# Would you buy a bike that you are not allowed to test ride?



## AndrewZ (Feb 1, 2006)

:dunno:

I see people posting on Craigslist that they are not allowed to test ride the bikes they have for sale. WTF? Seriously. 

Some say they'll demonstrate it for you. :loco:

You take the same chances when you let someone test drive your car, no?


----------



## #5880 (Feb 11, 2006)

same as a dealership


----------



## WULFFZA (Mar 13, 2008)

Good luck to those selling with that attitude, if you're selling private, you have to make the same concessions and take the risks a dealer does. If you wont do that, just trade it in then, or sit with it............
I would never buy anything that I wasnt allowed to drive/ride alone, for a while...., how could you possibly know what you are getting into or whether you even like the vehicle without some personal time, doing your thing without someone watching over you.


----------



## biglovemp (Sep 26, 2006)

#5880 said:


> same as a dealership





dwulffusa said:


> Good luck to those selling with that attitude, if you're selling private, you have to make the same concessions and *take the risks a dealer does*.


Dealers DO NOT let you test ride bike.

Its weird the fact that people or dealers wont let you test ride them, but it is a huge liability. And no, its not the same as a car.

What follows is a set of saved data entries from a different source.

-- ===== src/Tests/Vsched.antt =====
-- Frames of virtual processors.
use twan.Base.{◌≡◌, ◌*◌, refl, true, false, arith, ◌==◌, if◌then◌else◌}
use twan.Vsched.Vcpu.{ready, running, Vcpus}
use twan.Dq.{Links, link, dq, dq_pushback, dq_popfront, dq_peekfront}
use twan.Vsched.Mcqs.{vsched_node, vsched_push, push_queues, vsched_get_bucket}
use twan.Vsched.Mcqs
use twan.Vsched.Mcfs.{
  Vscheduler, vsched_pop, vsched_is_current_preemptible, preemptible_loop, pop_loop,
}
use twan.Vsched.Mcfs.Fair.{Taken, no_starvation}

-- The processor 20 is critical, 10 is not, and 30 is not ready.
abbrev vcpus : Vcpus
vcpus a = record {
  state = if a == 30 then running else ready;
  criticality = if a == 20 then 3 else 0;
}

abbrev four_frames : Vscheduler
four_frames = record {
  frames = λ i. if i == 0 then 10 else if i == 1 then 30 else if i == 3 then 20 else 0;
  clock = 4;
  vcriticality_level = 2;
  kick = false;
}

-- The first ready processor is passed over for the critical one, and then the clock stands at the end.
picks_critical : vsched_pop 4 vcpus four_frames ≡ (20, four_frames)
unfolding vsched_pop pop_loop
picks_critical = refl

falls_back :
    vsched_pop 4 vcpus (record four_frames { vcriticality_level = 4 })
    ≡ (10, record four_frames { vcriticality_level = 4; clock = 1 })
unfolding vsched_pop pop_loop
falls_back = refl

nobody_ready :
    vsched_pop 2 vcpus (record four_frames { frames = λ i. 30 * i })
    ≡ (0, record four_frames { frames = λ i. 30 * i })
unfolding vsched_pop pop_loop
nobody_ready = refl

preempted : vsched_is_current_preemptible 4 vcpus four_frames 10 ≡ true
unfolding vsched_is_current_preemptible preemptible_loop
preempted = refl

-- The frame before the clock is not looked at.
last_frame_skipped :
    vsched_is_current_preemptible 4 vcpus
      (record four_frames { frames = λ i. if i == 3 then 20 else 0 })
      10
    ≡ false
unfolding vsched_is_current_preemptible preemptible_loop
last_frame_skipped = refl

no_starvation_example : Taken 4 (omega arith) (λ t. vcpus) 20 4 four_frames
no_starvation_example =
    no_starvation 4 (omega arith) 3 20 (λ t. vcpus) four_frames (omega arith) (omega arith) refl
      (λ t. (refl, refl))

-- The queues of two criticalities. A processor of criticality 1 is pushed, popped from queue 1 and pushed again: its node
-- in queue 0, which the pop left there, is then linked to itself.
abbrev no_queues : Links × Mcqs.Vscheduler
no_queues = (
  λ a. link 0 0,
  record { queues = λ i. dq 0 0; paused_queue = dq 0 0; vcriticality_level = 1; kick = false },
)

abbrev both_levels : Vcpus
both_levels a = record { state = ready; criticality = 1 }

abbrev popped : Links × Mcqs.Vscheduler
unfolding Mcqs.vsched_pop
popped = let (vcpu, m, q) = Mcqs.vsched_pop 2 (vsched_push 2 both_levels 5 no_queues) in (m, q)

links_to_itself :
    ((vsched_push 2 both_levels 5 popped).0 (vsched_node 2 5 0)).next ≡ vsched_node 2 5 0
unfolding vsched_push push_queues Mcqs.vsched_pop vsched_get_bucket dq_pushback dq_popfront
    dq_peekfront popped
links_to_itself = refl
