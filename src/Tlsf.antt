-- ===== src/Tlsf.antt =====
-- include/lib/tlsf_alloc.h and src/lib/tlsf_alloc.c: the allocator with two levels of free lists. The list
-- (fli, sli) is that of a range of sizes, and two levels of bitmaps tell the lists that are not empty.
pub mod Map
pub mod Heap
pub mod Alloc
pub mod Aligned
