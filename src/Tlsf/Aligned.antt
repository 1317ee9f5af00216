-- ===== src/Tlsf/Aligned.antt =====
-- Allocation at an aligned address. A header of 16 bytes before the address keeps the block's own address;
-- these headers are a store of their own.
use twan.Base.{
  ℕ, ◌+◌, ◌-◌, ◌%◌, ◌^◌, Bool, not, ◌||◌, bit_and, ◌==◌, ltb, leb, if◌then◌else◌, update,
}
use twan.Bitmap.{not64}
use twan.Dq.{link}
use twan.Tlsf.Map.{block_min, max_alloc}
use twan.Tlsf.Heap.{
  Tlsf, header, tlsf_get_block_size, tlsf_set_block_size, tlsf_unset_block_free,
  tlsf_unset_prev_phys_free, tlsf_next_block, tlsf_block_to_ptr, tlsf_ptr_to_block, set_prev_phys,
}
use twan.Tlsf.Alloc.{Bytes, memcpy, is_outside, tlsf_alloc, tlsf_free}

pub record AlignedHeap : Type 0 where
  pub tlsf : Tlsf
  pub bytes : Bytes
  pub original_ptr : ℕ → ℕ
  pub aligned_size : ℕ → ℕ

-- `sizeof(struct aligned_block)`
abbrev pub aligned_header : ℕ
aligned_header = 16

-- subtraction on 64 bits
abbrev pub sub64 : ℕ → ℕ → ℕ
sub64 a b = (a + 2 ^ 64 - b) % 2 ^ 64

-- `is_pow2` of a `u32`
abbrev pub is_pow2 : ℕ → Bool
is_pow2 x = bit_and x ((x + 2 ^ 32 - 1) % 2 ^ 32) == 0

-- `p2align_up` on 64 bits
pub p2align_up : (x y : ℕ) → ℕ
p2align_up x y = bit_and ((x + y + 2 ^ 64 - 1) % 2 ^ 64) (not64 (sub64 y 1))

-- The padding before the aligned header is cut off as a block and released.
pub cut_padding : Tlsf → (ptr head : ℕ) → ℕ × Tlsf
cut_padding t ptr head =
    let orig_block = tlsf_ptr_to_block ptr in
    let new_block = sub64 head header in
    let padding_size = sub64 new_block ptr in
    let new_size = sub64 (sub64 (tlsf_get_block_size t orig_block) padding_size) header in
    let t1 = tlsf_set_block_size t new_block new_size in
    let t2 = tlsf_unset_prev_phys_free (tlsf_unset_block_free t1 new_block) new_block in
    let t3 = set_prev_phys t2 new_block orig_block in
    let t4 = record t3 { free = update t3.free new_block (link 0 0) } in
    let next = tlsf_next_block t4 new_block in
    let t5 = if ltb next t4.heap_end then set_prev_phys t4 next new_block else t4 in
    let t6 = tlsf_set_block_size t5 orig_block padding_size in
    (tlsf_block_to_ptr new_block, tlsf_free t6 ptr)

pub tlsf_alloc_p2aligned : AlignedHeap → (size alignment : ℕ) → ℕ × AlignedHeap
unfolding p2align_up cut_padding
tlsf_alloc_p2aligned h size alignment =
    let total_size = (size + alignment + aligned_header) % 2 ^ 64 in
    let (ptr, t1) = tlsf_alloc h.tlsf total_size in
    let aligned_ptr = p2align_up ((ptr + aligned_header) % 2 ^ 64) alignment in
    let head = sub64 aligned_ptr aligned_header in
    let r : ℕ × Tlsf =
      if leb (header + block_min) (sub64 head ptr) then cut_padding t1 ptr head else (ptr, t1) in
    if not (is_pow2 alignment) || (size == 0 || (ltb max_alloc size || ltb max_alloc total_size))
    then (0, h)
    else if ptr == 0
    then (0, record h { tlsf = t1 })
    else (
      aligned_ptr,
      record h {
        tlsf = r.1;
        original_ptr = update h.original_ptr head r.0;
        aligned_size = update h.aligned_size head size;
      },
    )

-- the test of the header before an aligned address
abbrev pub is_no_header : Tlsf → (addr : ℕ) → Bool
is_no_header t addr = let head = sub64 addr aligned_header in is_outside t head || leb addr head

pub tlsf_free_p2aligned : AlignedHeap → (addr : ℕ) → AlignedHeap
tlsf_free_p2aligned h addr =
    if is_no_header h.tlsf addr
    then h
    else record h { tlsf = tlsf_free h.tlsf (h.original_ptr (sub64 addr aligned_header)) }

pub tlsf_realloc_p2aligned : AlignedHeap → (addr size alignment : ℕ) → ℕ × AlignedHeap
unfolding tlsf_alloc_p2aligned tlsf_free_p2aligned
tlsf_realloc_p2aligned h addr size alignment =
    let (new_addr, h1) = tlsf_alloc_p2aligned h size alignment in
    let old_size = h.aligned_size (sub64 addr aligned_header) in
    let copy_size = if ltb old_size size then old_size else size in
    let h2 = record h1 { bytes = memcpy new_addr addr copy_size h1.bytes } in
    if addr == 0
    then (new_addr, h1)
    else if size == 0
    then (0, tlsf_free_p2aligned h addr)
    else if is_no_header h.tlsf addr
    then (0, h)
    else if new_addr == 0
    then (0, h1)
    else (new_addr, tlsf_free_p2aligned h2 addr)
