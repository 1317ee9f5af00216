-- ===== src/Vsched.antt =====
-- The hypervisor's schedulers of virtual processors: src/subsys/twanvisor/vsched.
pub mod Vcpu
pub mod Mcfs
pub mod Mcqs
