-- ===== src/Tests/RoundTrip.antt =====
-- The sample, written and parsed with the text library of Scanner.
use graph_slick.Base.{
  ◌≡◌, refl, true, false, none, some, Option, [], ◌∷◌, ◌++◌, ℤ, arith, All, pos, Text,
}
use graph_slick.Heap.{GroupMan, ok}
use graph_slick.OrdMap.{find, int_ord}
use graph_slick.Manager.Known.{is_some, mem_id}
use graph_slick.BbGroup.{parse}
use graph_slick.BbGroup.Emit.{emit}
use graph_slick.BbGroup.Content.{Content, Shows, content_ids}
use graph_slick.BbGroup.Laws.{Printable}
use graph_slick.BbGroup.RoundTrip.{printed, parse-emit}
use graph_slick.Tests.Sample.{sample, node, sg_cell}
use graph_slick.Tests.Scanner.{scanner, scanner-SdkLaws}

abbrev pub content : Content
content = record {
  id = [];
  name = [];
  groups =
      (node (pos 0) 100 ∷ [])
      ∷ (node (pos 1) 110 ∷ node (pos 2) 120 ∷ [])
      ∷ (node (pos 3) 130 ∷ [])
      ∷ [];
}

abbrev pub empty_manager : GroupMan
empty_manager = record sample { path_sgl = []; similar_sgl = [] }

abbrev pub file : Text → Option Text
file name = some (printed scanner scanner-SdkLaws (content ∷ []) [])

pub sample-Shows : Shows sample.heap sample.path_sgl (content ∷ [])
sample-Shows = (
  (
    sg_cell,
    omega arith,
    refl,
    refl,
    refl,
    (
      (_, omega arith, refl, (omega arith, omega arith, refl, tt)),
      (
        (
          _,
          omega arith,
          refl,
          (omega arith, omega arith, refl, (omega arith, omega arith, refl, tt)),
        ),
        ((_, omega arith, refl, (omega arith, omega arith, refl, tt)), tt),
      ),
    ),
  ),
  tt,
)

pub content-Printable : All Printable (content ∷ [])
content-Printable = (
  record {
    clean_id = tt;
    clean_name = tt;
    fitting = (
      ((omega arith, omega arith, omega arith), tt),
      (
        ((omega arith, omega arith, omega arith), ((omega arith, omega arith, omega arith), tt)),
        (((omega arith, omega arith, omega arith), tt), tt),
      ),
    );
    visible = refl;
  },
  tt,
)

parse-emit_example :
    (emit scanner none sample ≡ ok (printed scanner scanner-SdkLaws (content ∷ []) []) sample)
    × ((u' : GroupMan) × (parse scanner file [] false empty_manager ≡ ok true u')
        × Shows u'.heap u'.path_sgl (content ∷ [])
        × Shows u'.heap u'.similar_sgl []
        × ((k : ℤ) → is_some (find k u'.all_nodes) ≡ mem_id k (content_ids (content ∷ []) ++ [])))
parse-emit_example =
    parse-emit scanner scanner-SdkLaws sample (content ∷ []) [] empty_manager file [] sample-Shows
      tt content-Printable tt (omega arith) refl refl refl
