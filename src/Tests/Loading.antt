-- ===== src/Tests/Loading.antt =====
-- The sample, saved and loaded into an empty chooser.
use graph_slick.Base.{◌≡◌, refl, true, none, some, [], ◌∷◌, arith, pos}
use graph_slick.Heap.{GroupMan, ok}
use graph_slick.Graph.{default_options, give}
use graph_slick.Chooser.{Chooser}
use graph_slick.Chooser.Files.{Host, save_file, load_file}
use graph_slick.Chooser.Loaded.{Loaded, load_file-Loaded}
use graph_slick.BbGroup.RoundTrip.{printed}
use graph_slick.Tests.Sample.{sample, node}
use graph_slick.Tests.Scanner.{scanner, scanner-SdkLaws}
use graph_slick.Tests.Drawn.{two_blocks}
use graph_slick.Tests.RoundTrip.{content, empty_manager, file, sample-Shows, content-Printable}

abbrev host : Host
host = record {
  sdk = scanner;
  open_file = file;
  writable = λ name. true;
  get_func = λ ea. some 100;
  create = λ ea. two_blocks;
  screen_func = none;
  screen_fn = none;
  analyze = λ ea. [];
  form = some true;
  prompts = [];
  refresh_viewer = λ fc. give tt;
}

abbrev no_lines : Chooser
no_lines = record {
  ch_nodes = [];
  gsgv = none;
  has_viewer = true;
  last_loaded_file = [];
  func_fc = [];
  options = default_options;
  answers = [];
}

load_file-Loaded_example :
    (save_file host [] no_lines sample
      ≡ ok (some (printed scanner scanner-SdkLaws (content ∷ []) []), no_lines) sample)
    × ((c' : Chooser) × (w' : GroupMan) × (load_file host [] no_lines empty_manager
          ≡ ok (true, c') w')
        × (c'.func_fc ≡ two_blocks)
        × Loaded two_blocks w' (content ∷ []) [])
load_file-Loaded_example =
    load_file-Loaded host scanner-SdkLaws sample empty_manager no_lines [] content [] []
      (node (pos 0) 100) []
      ((node (pos 1) 110 ∷ node (pos 2) 120 ∷ []) ∷ (node (pos 3) 130 ∷ []) ∷ []) 100 100
      sample-Shows tt content-Printable tt refl refl refl refl refl refl refl (omega arith)
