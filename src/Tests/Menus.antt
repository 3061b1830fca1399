-- ===== src/Tests/Menus.antt =====
-- The theorem on the context menu, at a view whose menu comes after one item of another view.
use graph_slick.Base.{
  ◌≡◌, ◌≢◌, refl, Bool, true, false, none, some, [], ◌∷◌, ◌==◌, if◌then◌else◌, ℤ, pos, codes, arith,
  inl, inr, Bool-cases,
}
use graph_slick.OrdMap.{same, find, int_ord}
use graph_slick.OrdMap.Laws.{same_iff}
use graph_slick.Graph.Menu.Ids.{Idm, no_ids, MenuContext, ViewerCall, Menus}
use graph_slick.Graph.Menu.Items.{branch, s_menu_item_callback, init_and_exchange}
use graph_slick.Graph.Menu.Public.{is_public}
use graph_slick.Graph.Menu.Run.{IsFresh, init_and_exchange-Offers}

abbrev accepts_all : ViewerCall → Bool
accepts_all c = true

abbrev other_item : MenuContext
other_item = record { gsgv = 40; name = codes "Select all" }

abbrev before : Menus
before = record {
  menu_ids = (pos 2, other_item) ∷ [];
  last_id = 2;
  views = λ v. if v == 50 then some no_ids else none;
  calls = [];
}

before-IsFresh : IsFresh 50 before
unfolding find
before-IsFresh = record {
  view = refl;
  sorted = (tt, tt);
  range = λ k c e. elim (Bool-cases (same k (pos 2))) [
    | inl hit ↦ (2, (same_iff k (pos 2)).0 hit, omega arith)
    | inr miss ↦ absurd (none≢some c (rw miss at e))
  ];
}
  where
    none≢some : (c : MenuContext) → ¬ (none ≡ some c)
    none≢some c e = cc

init_and_exchange-Offers_example :
    (m' : Menus) × (init_and_exchange accepts_all 50 false (true ∷ false ∷ []) before
      ≡ some (tt, m'))
    × ((i : Idm)
        → is_public i ≡ true
        → (k : ℤ) × (s_menu_item_callback k m' ≡ some (branch 50 (some i))))
    × ((k : ℤ) (i : Idm)
        → is_public i ≡ false
        → s_menu_item_callback k m' ≢ some (branch 50 (some i)))
init_and_exchange-Offers_example =
    init_and_exchange-Offers accepts_all 50 false (true ∷ false ∷ []) before (λ c. refl)
      before-IsFresh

That being said, i do not think i would buy a bike from a private seller if i cant test ride the bike. :dunno:


----------



## SportBikeGirl (Jun 29, 2007)

I think it's just an understanding within the bike community that there are no test rides on bikes (around here anyway). Too much of a risk that the bike can be dropped. When I sold mine I didn't allow any test rides and the guy that ended up buying it gave me the cash before the test ride with the understanding that if he dropped it he bought it.


----------



## JonM (Jan 28, 2002)

BMW dealers will let you test ride as long as you have an endorsement. If they don't know you, they will ride along side with you.

I would not buy a bike I could not test ride.


----------



## biglovemp (Sep 26, 2006)

JonM said:


> BMW dealers will let you test ride as long as you have an endorsement. If they don't know you, they will ride along side with you.
> 
> I would not buy a bike I could not test ride.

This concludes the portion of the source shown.